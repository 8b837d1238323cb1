-- ===== src/Grin/Protocols/Shared.antt =====
-- src/grin/grin_tx.rs: dshared_out_mw_tx, which makes an output that both parties share.
use mw_btc_swap.Prelude.{ℕ, none, List, true, unwrap, Profile}
use mw_btc_swap.Prelude.Actions.{pure, lift, after, ◌>>=◌, ◌>>◌}
use mw_btc_swap.Net.Tcp.{send_msg}
use mw_btc_swap.Bitcoin.Crate.{BitcoinLib}
use mw_btc_swap.Grin.Types.{MwCoin}
use mw_btc_swap.Grin.Crate.{GrinTypes, GrinCrate, Slate}
use mw_btc_swap.Grin.Routines.{to_string, from_string}
use mw_btc_swap.Grin.Ops.{DSharedOutMwTxResult}
use mw_btc_swap.Grin.Core.Spend.{spend_coins}
use mw_btc_swap.Grin.Core.Shared.{drecv_coins_r1, drecv_coins_r2, drecv_coins_r3}
use mw_btc_swap.Grin.Core.Fin.{fin_tx}
use mw_btc_swap.Grin.Protocols.{
  Party, on_core, on_line, must, send_slate, receive_text, receive_slate,
}

module _ {lib : BitcoinLib} {t : GrinTypes} (g : GrinCrate lib t) (p : Profile) where
  unfoldable pub dshared_out_mw_tx_alice :
      List MwCoin → ℕ → ℕ → Party t (DSharedOutMwTxResult (Slate t))
  dshared_out_mw_tx_alice inp fund_value timelock = do
    spend ← after unwrap (on_core (spend_coins g p inp fund_value timelock 2 3))
    recv ← after unwrap (on_core (drecv_coins_r1 g spend.slate fund_value))
    send_slate g p recv.slate
    prf_text ← lift (to_string g recv.prf_ctx)
    on_line (send_msg p prf_text)
    bob_msg ← receive_text g p
    bob_msg2 ← receive_text g p
    ptx2 ← must (g.deserialize_upgrade bob_msg)
    prf_ctx ← lift (from_string g bob_msg2)
    shared ←
        after unwrap
          (on_core (drecv_coins_r3 g ptx2 prf_ctx recv.out_key_blind recv.prf_nonce recv.sig_nonce))
    fin_slate ←
        after unwrap (on_core (fin_tx g shared.slate spend.sig_key spend.sig_nonce true none none))
    send_slate g p fin_slate
    pure (record {
      tx = fin_slate;
      change_coin = spend.change_coin;
      shared_coin = shared.output_coin;
    })

  unfoldable pub dshared_out_mw_tx_bob : ℕ → Party t (DSharedOutMwTxResult (Slate t))
  dshared_out_mw_tx_bob fund_value = do
    alice_msg1 ← receive_text g p
    alice_msg2 ← receive_text g p
    ptx ← must (g.deserialize_upgrade alice_msg1)
    prf_ctx ← lift (from_string g alice_msg2)
    recv ← on_core (drecv_coins_r2 g ptx fund_value prf_ctx)
    ptx2 ← must (g.slate_to_text recv.0.slate)
    prf_ctx2 ← lift (to_string g recv.1)
    on_line (send_msg p ptx2)
    on_line (send_msg p prf_ctx2)
    tx ← receive_slate g p
    pure (record { tx = tx; change_coin = none; shared_coin = recv.0.output_coin })
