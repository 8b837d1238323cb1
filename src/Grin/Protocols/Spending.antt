-- ===== src/Grin/Protocols/Spending.antt =====
-- src/grin/grin_tx.rs: dshared_inp_mw_tx, in which both parties spend an input that they share.
use mw_btc_swap.Prelude.{ℕ, some, none, [], ◌∷◌, true, false, unwrap, Profile}
use mw_btc_swap.Prelude.Actions.{pure, gets, after, ◌>>=◌, ◌>>◌}
use mw_btc_swap.Bitcoin.Crate.{BitcoinLib}
use mw_btc_swap.Grin.Types.{MwCoin}
use mw_btc_swap.Grin.Crate.{GrinTypes, GrinCrate, Slate}
use mw_btc_swap.Grin.Ops.{DBuildMwTxResult}
use mw_btc_swap.Grin.Core.Spend.{spend_coins}
use mw_btc_swap.Grin.Core.Joint.{d_spend_coins}
use mw_btc_swap.Grin.Core.Recv.{recv_coins}
use mw_btc_swap.Grin.Core.Fin.{fin_tx}
use mw_btc_swap.Grin.Protocols.{Party, on_core, must, send_slate, receive_slate}

module _ {lib : BitcoinLib} {t : GrinTypes} (g : GrinCrate lib t) (p : Profile) where
  unfoldable pub dshared_inp_mw_tx_alice : MwCoin → ℕ → ℕ → Party t (DBuildMwTxResult (Slate t))
  dshared_inp_mw_tx_alice inp fund_value timelock = do
    spend ← on_core (spend_coins g p (inp ∷ []) fund_value timelock 1 3)
    send_slate g p spend.slate
    bob_ptx ← receive_slate g p
    ptx2 ← must (g.update_kernel bob_ptx)
    fin_slate ← on_core (fin_tx g ptx2 spend.sig_key spend.sig_nonce true none none)
    send_slate g p fin_slate
    pure (record { tx = fin_slate; coin = spend.change_coin })

  unfoldable pub dshared_inp_mw_tx_bob : MwCoin → ℕ → ℕ → Party t (DBuildMwTxResult (Slate t))
  dshared_inp_mw_tx_bob inp fund_value timelock = do
    ptx ← receive_slate g p
    spend ← on_core (d_spend_coins g (inp ∷ []) ptx fund_value timelock)
    recv ← on_core (recv_coins g spend.slate fund_value)
    fin_result ←
        after unwrap (on_core (fin_tx g recv.slate spend.sig_key spend.sig_nonce false none none))
    send_slate g p fin_result
    alice_slate ← receive_slate g p
    fin_slate ← must (g.update_kernel alice_slate)
    chain ← gets (λ s. s.0.chain)
    tx ← must (g.finalize chain fin_slate)
    pure (record { tx = tx; coin = some recv.output_coin })
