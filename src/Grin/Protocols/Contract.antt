-- ===== src/Grin/Protocols/Contract.antt =====
-- src/grin/grin_tx.rs: dcontract_mw_tx, in which spending the shared input gives the secret x of
-- one party to the other.
pub mod Revealed
pub mod Paid
use mw_btc_swap.Prelude.{ℕ, Option, some, none, List, [], ◌∷◌, true, false, Profile}
use mw_btc_swap.Prelude.Actions.{pure, lift, ◌>>=◌, ◌>>◌}
use mw_btc_swap.Bitcoin.Crate.{BitcoinLib}
use mw_btc_swap.Grin.Types.{MwCoin}
use mw_btc_swap.Grin.Crate.{GrinTypes, GrinCrate, Slate}
use mw_btc_swap.Grin.Ops.{ContractMwResult}
use mw_btc_swap.Grin.Core.{SpendCoinsResult}
use mw_btc_swap.Grin.Core.Spend.{spend_coins}
use mw_btc_swap.Grin.Core.Joint.{d_spend_coins}
use mw_btc_swap.Grin.Core.Recv.{apt_recv_coins}
use mw_btc_swap.Grin.Core.Fin.{fin_tx, ext_witness}
use mw_btc_swap.Grin.Protocols.{Party, on_core, must, send_slate, receive_slate}

-- `participant_data.get(2)`
abbrev third : {A : Type 0} → List A → Option A
third (a ∷ b ∷ c ∷ rest) = some c
third entries = none

-- `slate.participant_data.get(2).unwrap().part_sig.unwrap()`
abbrev pub sig_of_bob : {t : GrinTypes} → Slate t → Option t.Signature
sig_of_bob slate = elim (third slate.participant_data) [ none ↦ none | some e ↦ e.part_sig ]

module _ {lib : BitcoinLib} {t : GrinTypes} (g : GrinCrate lib t) (p : Profile) where
  -- Alice's part from Bob's first answer on.
  unfoldable pub alice_finishes :
      t.PublicKey → SpendCoinsResult t → Slate t → Party t (ContractMwResult (Slate t) t.SecretKey)
  alice_finishes pub_x spend ptx2 = do
    apt_sig_bob ← must (sig_of_bob ptx2)
    fin_tx_result ← on_core (fin_tx g ptx2 spend.sig_key spend.sig_nonce false (some pub_x) none)
    send_slate g p fin_tx_result
    final_slate ← receive_slate g p
    sig_bob ← must (sig_of_bob final_slate)
    x ← lift (ext_witness g sig_bob apt_sig_bob)
    pure (record { tx = final_slate; coin = spend.change_coin; x = x })

  unfoldable pub dcontract_mw_tx_alice :
      MwCoin → ℕ → ℕ → t.PublicKey → Party t (ContractMwResult (Slate t) t.SecretKey)
  dcontract_mw_tx_alice inp fund_value timelock pub_x = do
    spend ← on_core (spend_coins g p (inp ∷ []) fund_value timelock 1 3)
    send_slate g p spend.slate
    ptx2 ← receive_slate g p
    alice_finishes pub_x spend ptx2

  unfoldable pub dcontract_mw_tx_bob :
      MwCoin → ℕ → ℕ → t.SecretKey → Party t (ContractMwResult (Slate t) t.SecretKey)
  dcontract_mw_tx_bob inp fund_value timelock x = do
    ptx ← receive_slate g p
    spend ← on_core (d_spend_coins g (inp ∷ []) ptx fund_value timelock)
    recv ← on_core (apt_recv_coins g spend.slate fund_value x)
    send_slate g p recv.slate
    ptx3 ← receive_slate g p
    fin_tx_result ←
        on_core (fin_tx g ptx3 spend.sig_key spend.sig_nonce true none (some recv.prt_sig))
    send_slate g p fin_tx_result
    pure (record { tx = fin_tx_result; coin = some recv.output_coin; x = x })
^^^^
In the records, locate each line holding the string "Actions" and copy it.

use mw_btc_swap.Prelude.Actions.{pure, lift, after, ◌>>=◌, ◌>>◌}
use mw_btc_swap.Prelude.Actions.{pure, gets, after, ◌>>=◌, ◌>>◌}
use mw_btc_swap.Prelude.Actions.{pure, lift, ◌>>=◌, ◌>>◌}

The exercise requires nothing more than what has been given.